I wanted to do this so I spent way too long making a duplex stream that does it. Before decided to make one, I ran across this thread in search of someone else's and figured I'd share it with you guys. Disclaimer: this is my first time implementing my own stream, so you might wanna look it over (criticism is welcome - I'm not very confident about if using a isCorked flag was the right thing to do). Honestly wouldn't be a bad thing to have in the codebase.

Usage

knex.transaction(trx => {
  getAReadableStream()
  .pipe(new KnexBatchInsertStream({ trx, table: 'target_table', returnCols: ['id'], batchSize: 200 }))
  .on('data', ({ id }) => console.log(id))
})

(returnCols defaults to "*" and batchSize defaults to 4000)

Quick Rundown

So it accepts some parameters and sets up a queue and listens to itself for the 'finish' event. Upon receiving an object in the _write function, it gets pushed onto the queue. The queue gets capped at (roughly) batchSize via the cork function. When the _read function gets called, it goes ahead and splices size elements off the front end (which apparently defaults to the highWaterMark == batchSize) and sends them into batchInsert (but not before checking if the freshly trimmed queue needs to be revitalized via uncork). It then pauses the stream before pushing each result onto the stream (this is to bypass an idiosyncrasy when synchronously pushing a bunch of elements - I'm not sure, I read about it on stackoverflow and it fixed my problem). It resumes the stream and if the writable half of the duplex is done receiving writes and the queue is empty, it pushes null to end the readable stream.

Actual Stream

const { Duplex } = require('stream')

class KnexBatchInsertStream extends Duplex {
  constructor({ trx, table, returnCols = '*', batchSize = 4000 }) {
    super({ objectMode: true, highWaterMark: batchSize })
    this.trx = trx
    this.table = table
    this.returnCols = returnCols
    this.batchSize = batchSize

    this.isCorked = false
    this.writeQueue = []

    this.on('finish', () => {
      this.writableFinished = true
    })
  }
  _write(chunk, encoding, callback) {
    this.writeQueue.push(chunk)
    if (!this.isCorked && this.writeQueue.length >= this.batchSize) {
      this.cork()
      this.isCorked = true
    }
    callback(null)
  }
  async _read(size) {
    const batch = this.writeQueue.splice(0, size)
    if (this.isCorked && this.writeQueue.length < this.batchSize) {
      this.uncork()
      this.isCorked = false
    }
    const results = await this.trx
    .batchInsert(this.table, batch)
    .returning(this.returnCols)
    .transacting(this.trx)
    this.pause()
    while (results.length && this.push(results.shift()));
    this.resume()
    if (this.writableFinished && !this.writeQueue.length) {
      this.push(null)
      return
    }
  }
}

module.exports = KnexBatchInsertStream
jkantr commented 6 years ago

@timhuff I just wanted to thank you for this snippet, it saved me a ton of time. I think it absolutely makes sense to use a stream to manage backpressure for a situation where you're doing a ton of batch inserts. The implementation is fine imo, the flag seems a little messy but i don't feel any downsides to it. If not an addition to the library, maybe the api can just be cleaned up slightly and released as its own package / knex utility.

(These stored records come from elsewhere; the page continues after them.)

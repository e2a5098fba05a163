-- ===== src/Gateway/Loop/Sample.antt =====
-- Concrete inputs and states of the main loop of gateway/src/main.cpp.
use climate_node.Common.{true, false, none, [], ◌∷◌}
use climate_node.Zephyr.{success}
use climate_node.AppChannels.{empty_reading}
use climate_node.Commands.{no_command_yet}
use climate_node.Commands.Sample.{node_two}
use climate_node.Protocol.Plain.{plain}
use climate_node.Relay.{RelayUp}
use climate_node.Gateway.{serving, session_at_boot, own_config, peer_config}
use climate_node.Gateway.Lifecycle.{SessionInput, connack}
use climate_node.Gateway.Channels.{Channel}
use climate_node.Gateway.Loop.{Channels, no_news, session_evt, StageInput, LoopInput, World}

abbrev pub quiet_stage : StageInput
quiet_stage = record { can_read = true; rc = success; noted = 120 }

abbrev pub quiet_session : SessionInput
quiet_session = record {
  now = 100;
  connect_rc = success;
  connect_noted = 110;
  readable = true;
  events = [];
  input_rc = success;
  input_noted = 115;
  later = 118;
  status = none;
  serving_events = [];
  live_rc = success;
  drop_noted = 120;
}

abbrev pub silent : {A : Type 0} → A → Channel A
silent a = record { value = a; events = 0; has_fd = true }

abbrev pub no_payload : RelayUp
no_payload = record { node_id = 0; len = 0; bytes = [] }

abbrev pub silent_channels : Channels
silent_channels = record {
  telemetry = silent empty_reading;
  relay_telemetry = silent no_payload;
  relay_ack = silent no_payload;
  relay_status = silent (record { node_id = 0; online = false });
}

-- A pass in which both sessions connect and the broker accepts both, while the peer's node comes
-- online.
abbrev pub accepted_pass : LoopInput
accepted_pass = record {
  own = quiet_session;
  peer = quiet_session;
  own_events = session_evt (connack success) ∷ [];
  peer_events = session_evt (connack success) ∷ [];
  news = record no_news { relay_status = record { node_id = 2; online = true } ∷ [] };
  polls = true;
  late_news = no_news;
  can_read_status = true;
  telemetry = quiet_stage;
  relay_telemetry = quiet_stage;
  relay_ack = quiet_stage;
  relay_status = quiet_stage;
}

-- Both sessions serve, and no message is on a channel.
abbrev pub serving_world : World node_two plain
serving_world = record {
  sessions = record {
    own = record (session_at_boot own_config) { state = serving; connected = true };
    peer = record (session_at_boot peer_config) { state = serving; connected = true };
  };
  channels = silent_channels;
  dedupe = no_command_yet;
  bus = [];
}
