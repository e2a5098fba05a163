-- ===== src/EndToEnd/Tests.antt =====
-- A concrete reading and concrete commands on their ways.
use climate_node.Common.{◌≡◌, refl, true, false, List, [], ◌∷◌, ◌++◌, ℕ, some, none, arith}
use climate_node.Common.Decimal.{codes}
use climate_node.Zephyr.{enetunreach}
use climate_node.Commands.{Command, failed}
use climate_node.Commands.Sample.{node_two}
use climate_node.Protocol.Acks.{host_ack}
use climate_node.Protocol.Plain.{plain, plain-IsNanopb}
use climate_node.Protocol.Telemetry.{host_reading}
use climate_node.Sensor.Scd40.{read_scd40}
use climate_node.Sensor.Bme280.{read_bme280}
use climate_node.Sensor.Cycle.{fresh_reading}
use climate_node.Sensor.Sample.{integer_part, integer_part-IsConversion, warm, outside}
use climate_node.Peer.{send_heartbeat, beats_end, note_link}
use climate_node.Peer.Loop.{forward_reading, pass, beat_pass, wait_pass, receive, take_reading}
use climate_node.Peer.Sample.{waiting, quiet}
use climate_node.Relay.{
  RelayStatus, RelayUp, publish, chan_relay_telemetry, chan_relay_ack, handle_relayed,
}
use climate_node.Relay.Threads.{
  tx_addr, rx_fc_addr, reset_ack_received, isotp_send, effect, command_frame, tx_command, RxInput,
  rx_run, rx_at_loop,
}
use climate_node.Gateway.{
  peer_topic_telemetry, peer_topic_command, at_most_once, at_least_once, peer_topic_status, next_id,
}
use climate_node.Gateway.Incoming.{PublishEvt}
use climate_node.Gateway.Outgoing.Stages.{message}
use climate_node.Gateway.Loop.{own_stage, relay_telemetry_stage, relay_status_stage}
use climate_node.Gateway.Loop.Delivery.{PublishesFirst}
use climate_node.Gateway.Loop.Sample.{quiet_stage, serving_world}
use climate_node.EndToEnd.{with_reading, with_relayed_telemetry, with_statuses}
use climate_node.Relay.Threads.Receiving.{statuses}
use climate_node.Peer.Loop.Cadence.{run}
use climate_node.EndToEnd.Pace.{Trip, fed}
use climate_node.EndToEnd.Pace.Runs.{arrivals, Punctual, peer_stays_online}
use climate_node.Relay.Liveness.{Look, last_evidence, heard, last_look}
use climate_node.EndToEnd.Status.{status_messages, verdict_reaches_host}
use climate_node.EndToEnd.Telemetry.{peer_reading_reaches_host, own_reading_reaches_host}
use climate_node.EndToEnd.Command.{handed, AckOut, command_answered_for_peer}

peer_reading_reaches_host_example :
    let r = read_bme280 integer_part true outside (fresh_reading 6 5000) in
    (frame : List ℕ) × ((forward_reading node_two plain (quiet 800) r waiting).0 ≡ frame ∷ [])
    × (up : RelayUp) × (handle_relayed frame ≡ publish chan_relay_telemetry up ∷ [])
    × PublishesFirst true
        (message peer_topic_telemetry up.bytes at_most_once 0 false)
        (relay_telemetry_stage node_two plain true quiet_stage
          (with_relayed_telemetry node_two plain up serving_world)).0
    × (host_reading plain up.bytes ≡ some r)
peer_reading_reaches_host_example =
    peer_reading_reaches_host plain plain-IsNanopb integer_part integer_part-IsConversion node_two
      (omega arith) (omega arith) true outside 6 5000 (quiet 800) waiting quiet_stage serving_world
      (omega arith) refl refl refl refl

own_reading_reaches_host_example :
    let r = read_scd40 integer_part true warm (fresh_reading 6 5000) in
    (bytes : List ℕ) × PublishesFirst false
      (message (codes "node/1/telemetry") bytes at_most_once 0 false)
      (own_stage node_two plain true quiet_stage (with_reading node_two plain r serving_world)).0
    × (host_reading plain bytes ≡ some r)
own_reading_reaches_host_example =
    own_reading_reaches_host plain plain-IsNanopb integer_part integer_part-IsConversion node_two
      true warm 6 5000 quiet_stage serving_world (omega arith) refl refl refl

-- Sequence 7, TriggerMeasurement.
abbrev trigger : Command
trigger = record { schema_version = 1; sequence = 7; which_payload = 11; interval_ms = 0 }

abbrev trigger_bytes : List ℕ
trigger_bytes = 7 ∷ 11 ∷ 0 ∷ []

abbrev arrives : PublishEvt
arrives = record { topic = peer_topic_command; qos = at_least_once; message_id = 21; len = 3 }

command_answered_for_peer_example :
    let down = handed trigger_bytes trigger in
    (up : RelayUp) × (tx_command plain enetunreach false down
      ≡ reset_ack_received
        ∷ isotp_send (command_frame down) tx_addr rx_fc_addr
        ∷ effect (publish chan_relay_ack up)
        ∷ [])
    × AckOut node_two plain plain-IsNanopb quiet_stage serving_world up
    × (plain.host_decode_ack up.bytes
        ≡ some (host_ack 7 failed (codes "no route to node over CAN") none))
command_answered_for_peer_example =
    command_answered_for_peer node_two plain plain-IsNanopb quiet_stage serving_world (omega arith)
      refl refl refl (handed trigger_bytes trigger) enetunreach (omega arith)

-- The second beat is sent 1200 ms late, since a pass was slow, and the third right after it.
abbrev trips : List Trip
trips =
    record { input = quiet 500; arrives = 510 }
    ∷ record { input = quiet 600; arrives = 0 }
    ∷ record { input = quiet 2700; arrives = 2710 }
    ∷ record { input = quiet 2701; arrives = 2712 }
    ∷ []

abbrev look_at : ℕ → RxInput
look_at now = record { received = none; frames = []; now = now }

abbrev looks : List RxInput
looks = look_at 505 ∷ look_at 755 ∷ look_at 2705 ∷ look_at 2955 ∷ look_at 5500 ∷ []

trips-Punctual : Punctual node_two plain 0 trips waiting
unfolding pass beat_pass wait_pass receive take_reading send_heartbeat beats_end note_link
trips-Punctual = (
  (λ _. (refl, omega arith, omega arith)),
  (
    (λ due. absurd (ground (arith, due))),
    ((λ _. (refl, omega arith, omega arith)), ((λ _. (refl, omega arith, omega arith)), tt)),
  ),
)

peer_stays_online_example :
    statuses (rx_run (fed (arrivals node_two plain trips waiting) looks) (rx_at_loop 500 [])).0
    ≡ true ∷ []
unfolding run pass beat_pass wait_pass receive take_reading send_heartbeat beats_end note_link
peer_stays_online_example =
    peer_stays_online node_two plain 0 500 trips waiting looks trips-Punctual (omega arith)
      (omega arith)

-- Nothing comes in the first 4.5 s.
abbrev silence : List RxInput
silence = record { received = none; frames = []; now = 5000 } ∷ []

abbrev silent_looks : List Look
silent_looks = record { seen = false; now = 5000 } ∷ []

abbrev came_online : RelayStatus
came_online = record { node_id = 2; online = true }

verdict_reaches_host_example :
    (earlier : List RelayStatus) × (last : RelayStatus) × (status_messages
        (rx_run silence (rx_at_loop 500 [])).0
      ≡ earlier ++ (last ∷ []))
    × PublishesFirst true
        (message peer_topic_status (codes "offline") at_least_once (next_id 0) true)
        (relay_status_stage node_two plain true quiet_stage
          (with_statuses node_two plain (came_online ∷ (last ∷ [])) serving_world)).0
unfolding last_evidence heard last_look
verdict_reaches_host_example =
    verdict_reaches_host node_two plain 500 [] silence silent_looks quiet_stage serving_world
      (came_online ∷ []) false (refl, ((λ h. ground (arith, h)), (λ h. absurd h)), tt) (omega arith)
      refl refl refl refl
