-- ===== src/Gateway/Accepted.antt =====
-- When a pass of the main loop leaves a session of gateway/src/main.cpp serving.
use climate_node.Common.{
  if_cases, ◌∙◌, ◌≡◌, refl, Bool, true, false, not, ◌||◌, List, [], ◌∷◌, Option, none, some, arith,
}
use climate_node.Relay.{RelayStatus}
use climate_node.Gateway.{MqttCall, SessionState, idle, connecting, serving, NodeSession, publish}
use climate_node.Gateway.Lifecycle.{
  session_drop, session_serving, Evt, on_evts, SessionInput, start, take_input, look_after,
  look_after_in, is_serving, session_pass,
}

-- A session that serves is connected.
abbrev pub accepted : NodeSession → Bool
accepted s = not (is_serving s.state) || s.connected

-- The library reported something while the session came to serve, such as the loss of the connection
-- over the messages sent then.
abbrev pub reported : List Evt → Bool
reported [] = false
reported (e ∷ es) = true

abbrev pub reported_in : List SessionInput → Bool
reported_in [] = false
reported_in (i ∷ is) = reported i.serving_events || reported_in is

pub connected-session_serving :
    (s : NodeSession) (status : Option RelayStatus)
    → (session_serving s status).1.connected ≡ s.connected
unfolding session_serving publish
connected-session_serving s none = ground arith
connected-session_serving s (some st) = ground arith

served_or_reported :
    (es : List Evt) (s : NodeSession)
    → s.connected ≡ true
    → (accepted (on_evts es s) || reported es) ≡ true
unfolding on_evts
served_or_reported [] s h = ground (arith, h)
served_or_reported (e ∷ es) s h = ground arith

abbrev Settled : List Evt → List MqttCall × NodeSession → Type 0
Settled es r = (accepted r.1 || reported es) ≡ true

pub accepted-look_after_in :
    (q : SessionState) (i : SessionInput) (s : NodeSession)
    → s.state ≡ q
    → (accepted (look_after_in q i s).1 || reported i.serving_events) ≡ true
unfolding look_after_in session_drop
accepted-look_after_in idle i s h = ground arith
accepted-look_after_in connecting i s h =
    let served = (session_serving s i.status).1 in
    if_cases (Settled i.serving_events) s.connected
      (λ told.
        served_or_reported i.serving_events served (connected-session_serving s i.status ∙ told))
      (λ untold. ground (arith, h))
accepted-look_after_in serving i s h = ground arith

pub accepted-session_pass :
    (i : SessionInput) (s : NodeSession)
    → (accepted (session_pass i s).1 || reported i.serving_events) ≡ true
unfolding session_pass look_after
accepted-session_pass i s =
    let heard = (take_input i (start i s).1).1 in accepted-look_after_in heard.state i heard refl
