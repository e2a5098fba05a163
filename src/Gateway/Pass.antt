-- ===== src/Gateway/Pass.antt =====
-- What the passes of the main loop keep of a session, and how it comes to serve.
use climate_node.Common.{
  if_both, leb, ℕ, ◌+◌, ◌≤◌, Bool, true, false, List, [], ◌∷◌, Option, none, some, arith,
}
use climate_node.Zephyr.{Rc}
use climate_node.Relay.{RelayStatus}
use climate_node.Gateway.{
  MqttCall, backoff_min_ms, backoff_max_ms, connack_timeout_ms, SessionState, idle, connecting,
  serving, NodeSession, publish,
}
use climate_node.Gateway.Lifecycle.{
  session_drop, session_connect, session_serving, Evt, on_evt, on_evts, SessionInput, start,
  take_input, look_after, look_after_in, is_serving, session_pass, connack, disconnect, other_evt,
}

-- The backoff is within its bounds, and no deadline is further ahead of `t` than they allow.
abbrev pub Timely : ℕ → NodeSession → Type 0
Timely t s =
    (backoff_min_ms ≤ s.backoff_ms)
    × (s.backoff_ms ≤ backoff_max_ms)
    × (s.retry_at ≤ t + backoff_max_ms)
    × (s.connack_due ≤ t + connack_timeout_ms)

abbrev TimelyAfter : ℕ → List MqttCall × NodeSession → Type 0
TimelyAfter t r = Timely t r.1

pub Timely-session_drop :
    (s : NodeSession) (reached : Bool) (now e : ℕ)
    → now ≤ e
    → Timely e s
    → Timely e (session_drop s reached now).1
unfolding session_drop
Timely-session_drop s reached now e h w = ground arith

Timely-session_connect :
    (s : NodeSession) (rc : Rc) (now e : ℕ)
    → now ≤ e
    → Timely e s
    → Timely e (session_connect s rc now).1
unfolding session_connect session_drop
Timely-session_connect s rc now e h w = ground arith

Timely-session_serving :
    (s : NodeSession) (status : Option RelayStatus) (e : ℕ)
    → Timely e s
    → Timely e (session_serving s status).1
unfolding session_serving publish
Timely-session_serving s none e w = ground arith
Timely-session_serving s (some st) e w = ground arith

pub Timely-on_evt : (v : Evt) (s : NodeSession) (e : ℕ) → Timely e s → Timely e (on_evt v s)
Timely-on_evt (connack rc) s e w = ground arith
Timely-on_evt disconnect s e w = w
Timely-on_evt other_evt s e w = w

Timely-on_evts : (vs : List Evt) (s : NodeSession) (e : ℕ) → Timely e s → Timely e (on_evts vs s)
unfolding on_evts
Timely-on_evts [] s e w = w
Timely-on_evts (v ∷ vs) s e w = Timely-on_evts vs (on_evt v s) e (Timely-on_evt v s e w)

pub Timely-start :
    (i : SessionInput) (s : NodeSession) (e : ℕ)
    → i.connect_noted ≤ e
    → Timely e s
    → Timely e (start i s).1
unfolding start
Timely-start i s e h w = ground (arith, Timely-session_connect s i.connect_rc i.connect_noted e)

Timely-take_input :
    (i : SessionInput) (s : NodeSession) (e : ℕ)
    → i.input_noted ≤ e
    → Timely e s
    → Timely e (take_input i s).1
unfolding take_input
Timely-take_input i s e h w =
    let heard = on_evts i.events s in
    let kept = Timely-on_evts i.events s e w in
    ground (arith, kept, Timely-session_drop heard (is_serving heard.state) i.input_noted e)

Timely-look_after_in :
    (q : SessionState) (i : SessionInput) (s : NodeSession) (e : ℕ)
    → i.drop_noted ≤ e
    → Timely e s
    → Timely e (look_after_in q i s).1
unfolding look_after_in
Timely-look_after_in idle i s e h w = w
Timely-look_after_in connecting i s e h w =
    let served = Timely-session_serving s i.status e w in
    let told = Timely-on_evts i.serving_events (session_serving s i.status).1 e served in
    let dropped = Timely-session_drop s false i.drop_noted e h w in
    if_both (TimelyAfter e) s.connected told (
      if_both (TimelyAfter e) s.connect_failed dropped
        (if_both (TimelyAfter e) (leb s.connack_due i.later) dropped w))
Timely-look_after_in serving i s e h w =
    let dropped = Timely-session_drop s true i.drop_noted e h w in ground (arith, dropped)

pub Timely-look_after :
    (i : SessionInput) (s : NodeSession) (e : ℕ)
    → i.drop_noted ≤ e
    → Timely e s
    → Timely e (look_after i s).1
unfolding look_after
Timely-look_after i s e h w = Timely-look_after_in s.state i s e h w

-- The uptimes that a pass reads, in the order in which it reads them.
abbrev pub Ordered : ℕ → SessionInput → Type 0
Ordered t i =
    (t ≤ i.now)
    × (i.now ≤ i.connect_noted)
    × (i.connect_noted ≤ i.input_noted)
    × (i.input_noted ≤ i.later)
    × (i.later ≤ i.drop_noted)

pub Timely-session_pass :
    (i : SessionInput) (s : NodeSession) (t : ℕ)
    → Ordered t i
    → Timely t s
    → Timely i.drop_noted (session_pass i s).1
unfolding session_pass
Timely-session_pass i s t o w =
    let e = i.drop_noted in
    let started = Timely-start i s e (omega arith) (omega arith) in
    let heard = Timely-take_input i (start i s).1 e (omega arith) started in
    Timely-look_after i (take_input i (start i s).1).1 e (omega arith) heard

edit: when i did this sort of thing in the past, i used something like promise-task-queue to manage the 'max batch insert concurrency' but there was still some custom pipe/pausing to handle the backpressure. This seems cleaner to me, at least until ReadStream having Symbol.asyncIterator is a thing.

timhuff commented 6 years ago

@jkantr Thanks! I'm glad someone found it useful. I'm not sure about releasing it as a utility - I've got quite a bit on my plate and just don't have the time to maintain it. If you'd like to do so, though, feel free.

timhuff commented 6 years ago

(and let me know if you find a cleaner way to handle this than the corking stuff)

glensc commented 3 years ago

@timhuff this.writableFinished is read-only, so it can not be assigned.

timhuff commented 3 years ago

@glensc Yea, this was written in the days before I started using typescript. If you're able to fix it, please post the update for others.